Laura Reed

Laura Reed

she/her/hers
she/her/hers

Professor
Chair of Advisory Committee

  • lreed1@ua.edu
  • (205) 348-1345
  • 2330 Science and Engineering Complex (SEC)
  • Website
  • Accepting Undergraduate Students

Education

  • Postdoctoral research: North Carolina State University
  • Ph.D., Ecology and Evolutionary Biology, University of Arizona, 2006

Research Interests

My research interests lie at the intersection of quantitative genetics and population genetics, where I explore the evolution of complex traits such as metabolic disease that are the result of multiple genetic effects and the environment.

A Drosophila Model for Metabolic Syndrome

Our primary research uses systems biology to correlate empirical data from across physiological levels such as RNA and metabolites, to decipher the relative contribution of natural genetic variation and environment to metabolic diseases like obesity and type-2 diabetes. Specifically, we are characterizing how variation in metabolic disease phenotypes maps to the metabolic pathway, by integrating metabolomic profiling with phenotypic, genomic, and gene expression data.

Metabolic Syndrome (MetS) is a constellation of symptoms such as obesity, elevated blood lipids, and insulin resistance that are predictive of type-2 diabetes and cardiovascular disease. MetS is a recently developed syndrome caused by our increased calorie intake and decreased exercise that exposes cryptic genetic variation: some people can eat high-fat, high-sugar diets without adverse impact while others are highly sensitive to their diet. My research explores these effects using Drosophila, which also harbor cryptic genetic variation for disease, as a model to characterize the architecture of genotype-by-environment interactions of human-like metabolic disorders. With this charismatic model organism, we gain all the advantages of a carefully dissected metabolic and genetic system with substantial metabolic similarity to humans, while also being able to sample natural variation with high throughput genomic methods. Thus, using Drosophila, we can gain insights into a genetically complex disease that affects humans.

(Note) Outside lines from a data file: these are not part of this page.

-- ===== src/Memory/Compare.antt =====
-- `memcmp` and `strlen` against the bytes they read.
use ultra.Prelude.{
  ℕ, zero, suc, ◌+◌, ◌≤◌, ◌<◌, ◌≡◌, ◌≢◌, ◌∙◌, ap, sym, refl, Option, none, some, arith, ==_of_ne,
  ==_of_eq, done,
}
use native.Mathlib.Decide.{ℕ_discrete}
use ultra.Memory.{Memory, compare_loop, memcmp, strlen_loop, strlen}

-- The two bytes at the first index where the ranges differ, or none where they are the same.
abbrev pub Compared : Memory → ℕ → ℕ → ℕ → Option (ℕ × ℕ) → Type 0
Compared memory lhs rhs count none = (i : ℕ) → i < count → memory (lhs + i) ≡ memory (rhs + i)
Compared memory lhs rhs count (some (x, y)) =
    (i : ℕ) × (i < count)
    × (memory (lhs + i) ≡ x)
    × (memory (rhs + i) ≡ y)
    × (x ≢ y)
    × ((j : ℕ) → j < i → memory (lhs + j) ≡ memory (rhs + j))

module _ (memory : Memory) (lhs rhs : ℕ) (same : memory lhs ≡ memory rhs) where
  one_more :
      (n : ℕ)
      → ((i : ℕ) → i < n → memory (lhs + 1 + i) ≡ memory (rhs + 1 + i))
      → (i : ℕ) → i < suc n
      → memory (lhs + i) ≡ memory (rhs + i)
  one_more n h zero p =
      let a : lhs + 0 ≡ lhs = omega arith in
      let b : rhs + 0 ≡ rhs = omega arith in ap memory a ∙ same ∙ ap memory (sym b)
  one_more n h (suc i) p =
      let a : lhs + suc i ≡ lhs + 1 + i = omega arith in
      let b : rhs + 1 + i ≡ rhs + suc i = omega arith in
      ap memory a ∙ h i (omega arith) ∙ ap memory b

  later-Compared :
      (count : ℕ) (r : Option (ℕ × ℕ))
      → Compared memory (lhs + 1) (rhs + 1) count r
      → Compared memory lhs rhs (suc count) r
  later-Compared count none h = one_more count h
  later-Compared count (some (x, y)) (i, p, a, b, n, h) =
      let l : lhs + suc i ≡ lhs + 1 + i = omega arith in
      let r : rhs + suc i ≡ rhs + 1 + i = omega arith in
      (suc i, omega arith, ap memory l ∙ a, ap memory r ∙ b, n, one_more i h)

-- `memcmp` gives the difference of the first two bytes that differ, and 0 where all are the same.
pub memcmp-Compared :
    (memory : Memory) (lhs rhs count : ℕ)
    → Compared memory lhs rhs count (memcmp memory lhs rhs count)
unfolding memcmp compare_loop
memcmp-Compared memory lhs rhs zero = λ i p. absurd (omega arith)
memcmp-Compared memory lhs rhs (suc count) = elim (ℕ_discrete (memory lhs) (memory rhs)) [
  | yes e ↦ rw (==_of_eq (memory lhs) (memory rhs) e) (
      later-Compared memory lhs rhs e count (compare_loop memory (lhs + 1) (rhs + 1) count)
        (memcmp-Compared memory (lhs + 1) (rhs + 1) count))
  | no n ↦
      let a : lhs + 0 ≡ lhs = omega arith in
      let b : rhs + 0 ≡ rhs = omega arith in
      rw (==_of_ne (memory lhs) (memory rhs) n)
        (0, omega arith, ap memory a, ap memory b, n, λ j p. absurd (omega arith))
]

strlen_loop_lem :
    (k fuel : ℕ) (memory : Memory) (str n : ℕ)
    → k < fuel
    → memory (str + (n + k)) ≡ 0
    → ((j : ℕ) → n ≤ j → j < n + k → memory (str + j) ≢ 0)
    → strlen_loop fuel memory str n ≡ done (n + k)
unfolding strlen_loop
strlen_loop_lem k zero memory str n f e h = absurd (omega arith)
strlen_loop_lem zero (suc fuel) memory str n f e h =
    let z : n + 0 ≡ n = omega arith in
    let zero_byte : memory (str + n) ≡ 0 = ap (λ i. memory (str + i)) (sym z) ∙ e in
    rw (==_of_eq (memory (str + n)) 0 zero_byte, z) refl
strlen_loop_lem (suc k) (suc fuel) memory str n f e h =
    let z : n + suc k ≡ n + 1 + k = omega arith in
    rw (==_of_ne (memory (str + n)) 0 (h n (omega arith) (omega arith)), z)
      (strlen_loop_lem k fuel memory str (n + 1) (omega arith)
        (ap (λ i. memory (str + i)) (sym z) ∙ e) (λ j p q. h j (omega arith) (omega arith)))

-- `strlen` ends at the first 0 byte and gives the number of bytes before it.
pub strlen-first :
    (fuel : ℕ) (memory : Memory) (str n : ℕ)
    → n < fuel
    → memory (str + n) ≡ 0
    → ((j : ℕ) → j < n → memory (str + j) ≢ 0)
    → strlen fuel memory str ≡ done n
unfolding strlen
strlen-first fuel memory str n f e h =
    let z : 0 + n ≡ n = omega arith in
    strlen_loop_lem n fuel memory str 0 f (ap (λ i. memory (str + i)) z ∙ e)
      (λ j p q. h j (omega arith))
    ∙ ap done z
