-- ===== src/Memory/Copy.antt =====
-- What the copies and `memset` leave at every address.
use ultra.Prelude.{
  ℕ, zero, suc, ◌+◌, ◌-◌, ◌%◌, ◌≤◌, ◌<◌, ◌≡◌, ◌≢◌, ◌⊎◌, ◌∙◌, ap, sym, lt→ltb, le→ltb, inl, inr,
  refl, true, false, ◌&&◌, ltb, leb, if◌then◌else◌, arith, ==_of_ne, ==_of_eq,
}
use native.Mathlib.Decide.{dec_lt, ℕ_discrete}
use ultra.Memory.{Memory, poke, memcpy, copy_backwards, memmove, set_loop, memset}

poke_same :
    (memory : Memory) (address value k : ℕ) → k ≡ address → poke memory address value k ≡ value
poke_same memory address value k e = rw (==_of_eq k address e) refl

poke_other :
    (memory : Memory) (address value k : ℕ) → k ≢ address → poke memory address value k ≡ memory k
poke_other memory address value k n = rw (==_of_ne k address n) refl

-- The memory after `count` bytes at `dest` got the values that a function gives.
abbrev pub replaced : Memory → ℕ → ℕ → (ℕ → ℕ) → ℕ → ℕ
replaced memory dest count value a =
    if leb dest a && ltb a (dest + count) then value (a - dest) else memory a

inside :
    (dest count a : ℕ) → dest ≤ a → a < dest + count → (leb dest a && ltb a (dest + count)) ≡ true
inside dest count a p q = ground arith

outside_below : (dest count a : ℕ) → a < dest → (leb dest a && ltb a (dest + count)) ≡ false
outside_below dest count a p = ground arith

outside_above : (dest count a : ℕ) → dest + count ≤ a → (leb dest a && ltb a (dest + count)) ≡ false
outside_above dest count a p = ground arith

module _ (memory : Memory) (dest count : ℕ) (value : ℕ → ℕ) (a : ℕ) where
  replaced_in : dest ≤ a → a < dest + count → replaced memory dest count value a ≡ value (a - dest)
  replaced_in p q = rw (inside dest count a p q) refl

  replaced_below : a < dest → replaced memory dest count value a ≡ memory a
  replaced_below p = rw (outside_below dest count a p) refl

  replaced_above : dest + count ≤ a → replaced memory dest count value a ≡ memory a
  replaced_above p = rw (outside_above dest count a p) refl

-- `memcpy` leaves the bytes of the source at the destination and all others as they were, where the
-- destination does not start inside the source behind its first byte.
pub memcpy-replaced :
    (memory : Memory) (dest src count a : ℕ)
    → (dest ≤ src) ⊎ (src + count ≤ dest)
    → memcpy memory dest src count a ≡ replaced memory dest count (λ i. memory (src + i)) a
unfolding memcpy
memcpy-replaced memory dest src zero a d = elim (dec_lt a dest) [
  | yes p ↦ sym (replaced_below memory dest 0 (λ i. memory (src + i)) a p)
  | no p ↦ sym (replaced_above memory dest 0 (λ i. memory (src + i)) a (omega arith))
]
memcpy-replaced memory dest src (suc count) a d =
    memcpy-replaced memory' (dest + 1) (src + 1) count a (later d) ∙ elim (dec_lt a dest) [
      | yes p ↦
          replaced_below memory' (dest + 1) count value' a (omega arith)
          ∙ poke_other memory dest (memory src) a (λ e. omega arith)
          ∙ sym (replaced_below memory dest (suc count) value a p)
      | no p ↦ elim (dec_lt a (dest + suc count)) [
        | no q ↦
            replaced_above memory' (dest + 1) count value' a (omega arith)
            ∙ poke_other memory dest (memory src) a (λ e. omega arith)
            ∙ sym (replaced_above memory dest (suc count) value a (omega arith))
        | yes q ↦ elim (ℕ_discrete a dest) [
          | yes e ↦
              let same : src ≡ src + (a - dest) = omega arith in
              replaced_below memory' (dest + 1) count value' a (omega arith)
              ∙ poke_same memory dest (memory src) a e
              ∙ ap memory same
              ∙ sym (replaced_in memory dest (suc count) value a (omega arith) q)
          | no e ↦
              let same : src + 1 + (a - (dest + 1)) ≡ src + (a - dest) = omega arith in
              replaced_in memory' (dest + 1) count value' a (omega arith) (omega arith)
              ∙ poke_other memory dest (memory src) (src + 1 + (a - (dest + 1)))
                  (λ k. apart d k (omega arith) q)
              ∙ ap memory same
              ∙ sym (replaced_in memory dest (suc count) value a (omega arith) q)
        ]
      ]
    ]
  where
    memory' : Memory
    memory' = poke memory dest (memory src)

    value : ℕ → ℕ
    value i = memory (src + i)

    value' : ℕ → ℕ
    value' i = memory' (src + 1 + i)

    later :
        (dest ≤ src) ⊎ (src + suc count ≤ dest)
        → (dest + 1 ≤ src + 1) ⊎ (src + 1 + count ≤ dest + 1)
    later (inl h) = inl (omega arith)
    later (inr h) = inr (omega arith)

    apart :
        (dest ≤ src) ⊎ (src + suc count ≤ dest)
        → src + 1 + (a - (dest + 1)) ≡ dest
        → dest < a
        → a < dest + suc count
        → ⊥
    apart (inl h) k p q = omega arith
    apart (inr h) k p q = omega arith

copy_backwards-replaced :
    (memory : Memory) (dest src count a : ℕ)
    → src < dest
    → copy_backwards memory dest src count a ≡ replaced memory dest count (λ i. memory (src + i)) a
unfolding copy_backwards
copy_backwards-replaced memory dest src zero a d = elim (dec_lt a dest) [
  | yes p ↦ sym (replaced_below memory dest 0 (λ i. memory (src + i)) a p)
  | no p ↦ sym (replaced_above memory dest 0 (λ i. memory (src + i)) a (omega arith))
]
copy_backwards-replaced memory dest src (suc count) a d =
    copy_backwards-replaced memory' dest src count a d ∙ elim (dec_lt a dest) [
      | yes p ↦
          replaced_below memory' dest count value' a p
          ∙ poke_other memory (dest + count) (memory (src + count)) a (λ e. omega arith)
          ∙ sym (replaced_below memory dest (suc count) value a p)
      | no p ↦ elim (dec_lt a (dest + suc count)) [
        | no q ↦
            replaced_above memory' dest count value' a (omega arith)
            ∙ poke_other memory (dest + count) (memory (src + count)) a (λ e. omega arith)
            ∙ sym (replaced_above memory dest (suc count) value a (omega arith))
        | yes q ↦ elim (ℕ_discrete a (dest + count)) [
          | yes e ↦
              let same : src + count ≡ src + (a - dest) = omega arith in
              replaced_above memory' dest count value' a (omega arith)
              ∙ poke_same memory (dest + count) (memory (src + count)) a e
              ∙ ap memory same
              ∙ sym (replaced_in memory dest (suc count) value a (omega arith) q)
          | no e ↦
              replaced_in memory' dest count value' a (omega arith) (omega arith)
              ∙ poke_other memory (dest + count) (memory (src + count)) (src + (a - dest))
                  (λ k. omega arith)
              ∙ sym (replaced_in memory dest (suc count) value a (omega arith) q)
        ]
      ]
    ]
  where
    memory' : Memory
    memory' = poke memory (dest + count) (memory (src + count))

    value : ℕ → ℕ
    value i = memory (src + i)

    value' : ℕ → ℕ
    value' i = memory' (src + i)

-- `memmove` leaves the bytes that the source had at the destination and all others as they were, however
-- the two overlap.
pub memmove-replaced :
    (memory : Memory) (dest src count a : ℕ)
    → memmove memory dest src count a ≡ replaced memory dest count (λ i. memory (src + i)) a
unfolding memmove
memmove-replaced memory dest src count a = elim (dec_lt src dest) [
  | yes p ↦ rw (lt→ltb src dest p) (copy_backwards-replaced memory dest src count a p)
  | no p ↦
      rw (le→ltb src dest (omega arith))
        (memcpy-replaced memory dest src count a (inl (omega arith)))
]

set_loop-replaced :
    (memory : Memory) (dest fill count a : ℕ)
    → set_loop memory dest fill count a ≡ replaced memory dest count (λ i. fill) a
unfolding set_loop
set_loop-replaced memory dest fill zero a = elim (dec_lt a dest) [
  | yes p ↦ sym (replaced_below memory dest 0 (λ i. fill) a p)
  | no p ↦ sym (replaced_above memory dest 0 (λ i. fill) a (omega arith))
]
set_loop-replaced memory dest fill (suc count) a =
    set_loop-replaced memory' (dest + 1) fill count a ∙ elim (dec_lt a dest) [
      | yes p ↦
          replaced_below memory' (dest + 1) count (λ i. fill) a (omega arith)
          ∙ poke_other memory dest fill a (λ e. omega arith)
          ∙ sym (replaced_below memory dest (suc count) (λ i. fill) a p)
      | no p ↦ elim (dec_lt a (dest + suc count)) [
        | no q ↦
            replaced_above memory' (dest + 1) count (λ i. fill) a (omega arith)
            ∙ poke_other memory dest fill a (λ e. omega arith)
            ∙ sym (replaced_above memory dest (suc count) (λ i. fill) a (omega arith))
        | yes q ↦ elim (ℕ_discrete a dest) [
          | yes e ↦
              replaced_below memory' (dest + 1) count (λ i. fill) a (omega arith)
              ∙ poke_same memory dest fill a e
              ∙ sym (replaced_in memory dest (suc count) (λ i. fill) a (omega arith) q)
          | no e ↦
              replaced_in memory' (dest + 1) count (λ i. fill) a (omega arith) (omega arith)
              ∙ sym (replaced_in memory dest (suc count) (λ i. fill) a (omega arith) q)
        ]
      ]
    ]
  where
    memory' : Memory
    memory' = poke memory dest fill

-- `memset` leaves the lowest byte of its argument at every address of the range, and all other addresses
-- as they were.
pub memset-replaced :
    (memory : Memory) (dest ch count a : ℕ)
    → memset memory dest ch count a ≡ replaced memory dest count (λ i. ch % 256) a
unfolding memset
memset-replaced memory dest ch count a = set_loop-replaced memory dest (ch % 256) count a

We have identified significant genotype-by-diet interactions for weight gain and other metabolic phenotypes in Drosophila, indicating that some genetic lines are metabolically sensitive to their diet while others are not. Presently, we are analyzing whole genome expression analyses and metabolomic profiling on a common set of samples to identify genes that are changing in expression in concert with diet and genotype, and the correlated response in metabolites.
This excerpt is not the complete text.